> _WORK REQUIRED_:
The records are to be copied in their entirety, exactly as given.

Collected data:
···
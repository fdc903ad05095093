-- ===== src/Api/Concurrent/Alone/Customers.antt =====
-- The /me requests of app/main.py with no other in between.
use dataveda_nifty_agent.Api.Concurrent.{[], Call, carry_plan, plan_me, proceed}
use dataveda_nifty_agent.Storage.Tenants.{save, hash_secret, generate_id}
use dataveda_nifty_agent.Prelude.{ℕ, String, ◌≡◌, ◌∙◌, refl, ap, true, some, []}
use dataveda_nifty_agent.Runtime.{Runtime}
use dataveda_nifty_agent.Storage.Models.{Tenant, Db}
use dataveda_nifty_agent.Storage.Action.{Result, pure, continue}
use dataveda_nifty_agent.Storage.Columns.{dict_eq}
use dataveda_nifty_agent.Storage.Columns.Settled.{update_settles}
use dataveda_nifty_agent.Storage.Tenants.Save.{row_of}
use dataveda_nifty_agent.Storage.Settings.{set_kill_switch, update_symbol_map, update_risk_settings}
use dataveda_nifty_agent.Storage.Credentials.{regenerate_webhook_passphrase, regenerate_agent_token}
use dataveda_nifty_agent.Api.Auth.{Settings}
use dataveda_nifty_agent.Api.Account.{
  put_symbol_map, put_risk_settings, post_kill_switch, post_regenerate_webhook_passphrase,
  post_regenerate_agent_token, normalize_map, merge_settings,
}
use dataveda_nifty_agent.Api.Server.{
  MeCall, account, symbol_map, risk_settings, kill_switch, trades, webhook_passphrase, agent_token,
  mapped, limited, switched, secret, respond_me,
}
use dataveda_nifty_agent.Api.Concurrent.Alone.Writes.{twice, ended, go_on, write_alone}

-- A symbol map that is equal to the stored one as a dict has the same order.
abbrev pub KeepsOrder : Runtime → MeCall → Tenant → Type 0
KeepsOrder rt (symbol_map payload) t =
    dict_eq (normalize_map rt [] payload) t.symbol_map ≡ true
    → normalize_map rt [] payload ≡ t.symbol_map
KeepsOrder rt _ t = Unit

module _ (rt : Runtime) (settings : Settings) (call : Call) (now : ℕ) where
  pub me_alone :
      (c : MeCall) (t : Tenant) (db : Db)
      → row_of t.id db.tenants ≡ some t
      → KeepsOrder rt c t
      → go_on rt settings call now (carry_plan t (plan_me rt c t) db)
        ≡ ended (respond_me rt settings c t db)
  unfolding plan_me respond_me put_symbol_map put_risk_settings post_kill_switch
      post_regenerate_webhook_passphrase post_regenerate_agent_token set_kill_switch
      update_symbol_map update_risk_settings regenerate_webhook_passphrase regenerate_agent_token
      proceed
  me_alone (account n later manager) t db found h = refl
  me_alone (symbol_map payload) t db found h =
      write_alone rt settings call now t
        (λ u. record u { symbol_map = normalize_map rt [] payload }) (λ later s. s.symbol_map)
        mapped db found refl (update_settles t _ h)
  me_alone (risk_settings payload) t db found h =
      write_alone rt settings call now t
        (λ u. record u { risk_settings = merge_settings t.risk_settings payload })
        (λ later s. s.risk_settings) limited db found refl (update_settles t _ (λ e. refl))
  me_alone (kill_switch engaged reason) t db found h =
      write_alone rt settings call now t
        (λ u. record u { kill_switch_engaged = engaged; kill_switch_reason = reason })
        (λ later s. (s.kill_switch_engaged, s.kill_switch_reason)) switched db found refl
        (update_settles t _ (λ e. refl))
  me_alone (trades limit offset) t db found h = refl
  me_alone (webhook_passphrase drawn) t db found h =
      let change : Tenant → Tenant =
        λ u. record u { webhook_passphrase_hash = hash_secret rt drawn } in
      write_alone rt settings call now t change (λ later s. drawn) secret db found refl
        (update_settles t _ (λ e. refl))
      ∙ ap (λ (x : Result String × Db). ended (continue x (λ a. pure (secret a))))
          (twice (λ (u : Tenant). (u, drawn)) (λ (y : Tenant × String). y.1) (save t.id change db))
  me_alone (agent_token drawn) t db found h =
      let change : Tenant → Tenant =
        λ u. record u { agent_token_hash = hash_secret rt (generate_id "agent" drawn) } in
      write_alone rt settings call now t change (λ later s. generate_id "agent" drawn) secret db
        found refl (update_settles t _ (λ e. refl))
      ∙ ap (λ (x : Result String × Db). ended (continue x (λ a. pure (secret a))))
          (twice (λ (u : Tenant). (u, generate_id "agent" drawn)) (λ (y : Tenant × String). y.1)
            (save t.id change db))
···
> _TASK RESULT_:
repository fdc903ad05095093
-- ===== src/Api/Concurrent/Alone/Customers.antt =====
-- The /me requests of app/main.py with no other in between.
use dataveda_nifty_agent.Api.Concurrent.{[], Call, carry_plan, plan_me, proceed}
use dataveda_nifty_agent.Storage.Tenants.{save, hash_secret, generate_id}
use dataveda_nifty_agent.Prelude.{ℕ, String, ◌≡◌, ◌∙◌, refl, ap, true, some, []}
use dataveda_nifty_agent.Runtime.{Runtime}
use dataveda_nifty_agent.Storage.Models.{Tenant, Db}
use dataveda_nifty_agent.Storage.Action.{Result, pure, continue}
use dataveda_nifty_agent.Storage.Columns.{dict_eq}
use dataveda_nifty_agent.Storage.Columns.Settled.{update_settles}
use dataveda_nifty_agent.Storage.Tenants.Save.{row_of}
use dataveda_nifty_agent.Storage.Settings.{set_kill_switch, update_symbol_map, update_risk_settings}
use dataveda_nifty_agent.Storage.Credentials.{regenerate_webhook_passphrase, regenerate_agent_token}
use dataveda_nifty_agent.Api.Auth.{Settings}
use dataveda_nifty_agent.Api.Account.{
  put_symbol_map, put_risk_settings, post_kill_switch, post_regenerate_webhook_passphrase,
  post_regenerate_agent_token, normalize_map, merge_settings,
}
use dataveda_nifty_agent.Api.Server.{
  MeCall, account, symbol_map, risk_settings, kill_switch, trades, webhook_passphrase, agent_token,
  mapped, limited, switched, secret, respond_me,
}
use dataveda_nifty_agent.Api.Concurrent.Alone.Writes.{twice, ended, go_on, write_alone}

-- A symbol map that is equal to the stored one as a dict has the same order.
abbrev pub KeepsOrder : Runtime → MeCall → Tenant → Type 0
KeepsOrder rt (symbol_map payload) t =
    dict_eq (normalize_map rt [] payload) t.symbol_map ≡ true
    → normalize_map rt [] payload ≡ t.symbol_map
KeepsOrder rt _ t = Unit

module _ (rt : Runtime) (settings : Settings) (call : Call) (now : ℕ) where
  pub me_alone :
      (c : MeCall) (t : Tenant) (db : Db)
      → row_of t.id db.tenants ≡ some t
      → KeepsOrder rt c t
      → go_on rt settings call now (carry_plan t (plan_me rt c t) db)
        ≡ ended (respond_me rt settings c t db)
  unfolding plan_me respond_me put_symbol_map put_risk_settings post_kill_switch
      post_regenerate_webhook_passphrase post_regenerate_agent_token set_kill_switch
      update_symbol_map update_risk_settings regenerate_webhook_passphrase regenerate_agent_token
      proceed
  me_alone (account n later manager) t db found h = refl
  me_alone (symbol_map payload) t db found h =
      write_alone rt settings call now t
        (λ u. record u { symbol_map = normalize_map rt [] payload }) (λ later s. s.symbol_map)
        mapped db found refl (update_settles t _ h)
  me_alone (risk_settings payload) t db found h =
      write_alone rt settings call now t
        (λ u. record u { risk_settings = merge_settings t.risk_settings payload })
        (λ later s. s.risk_settings) limited db found refl (update_settles t _ (λ e. refl))
  me_alone (kill_switch engaged reason) t db found h =
      write_alone rt settings call now t
        (λ u. record u { kill_switch_engaged = engaged; kill_switch_reason = reason })
        (λ later s. (s.kill_switch_engaged, s.kill_switch_reason)) switched db found refl
        (update_settles t _ (λ e. refl))
  me_alone (trades limit offset) t db found h = refl
  me_alone (webhook_passphrase drawn) t db found h =
      let change : Tenant → Tenant =
        λ u. record u { webhook_passphrase_hash = hash_secret rt drawn } in
      write_alone rt settings call now t change (λ later s. drawn) secret db found refl
        (update_settles t _ (λ e. refl))
      ∙ ap (λ (x : Result String × Db). ended (continue x (λ a. pure (secret a))))
          (twice (λ (u : Tenant). (u, drawn)) (λ (y : Tenant × String). y.1) (save t.id change db))
  me_alone (agent_token drawn) t db found h =
      let change : Tenant → Tenant =
        λ u. record u { agent_token_hash = hash_secret rt (generate_id "agent" drawn) } in
      write_alone rt settings call now t change (λ later s. generate_id "agent" drawn) secret db
        found refl (update_settles t _ (λ e. refl))
      ∙ ap (λ (x : Result String × Db). ended (continue x (λ a. pure (secret a))))
          (twice (λ (u : Tenant). (u, generate_id "agent" drawn)) (λ (y : Tenant × String). y.1)
            (save t.id change db))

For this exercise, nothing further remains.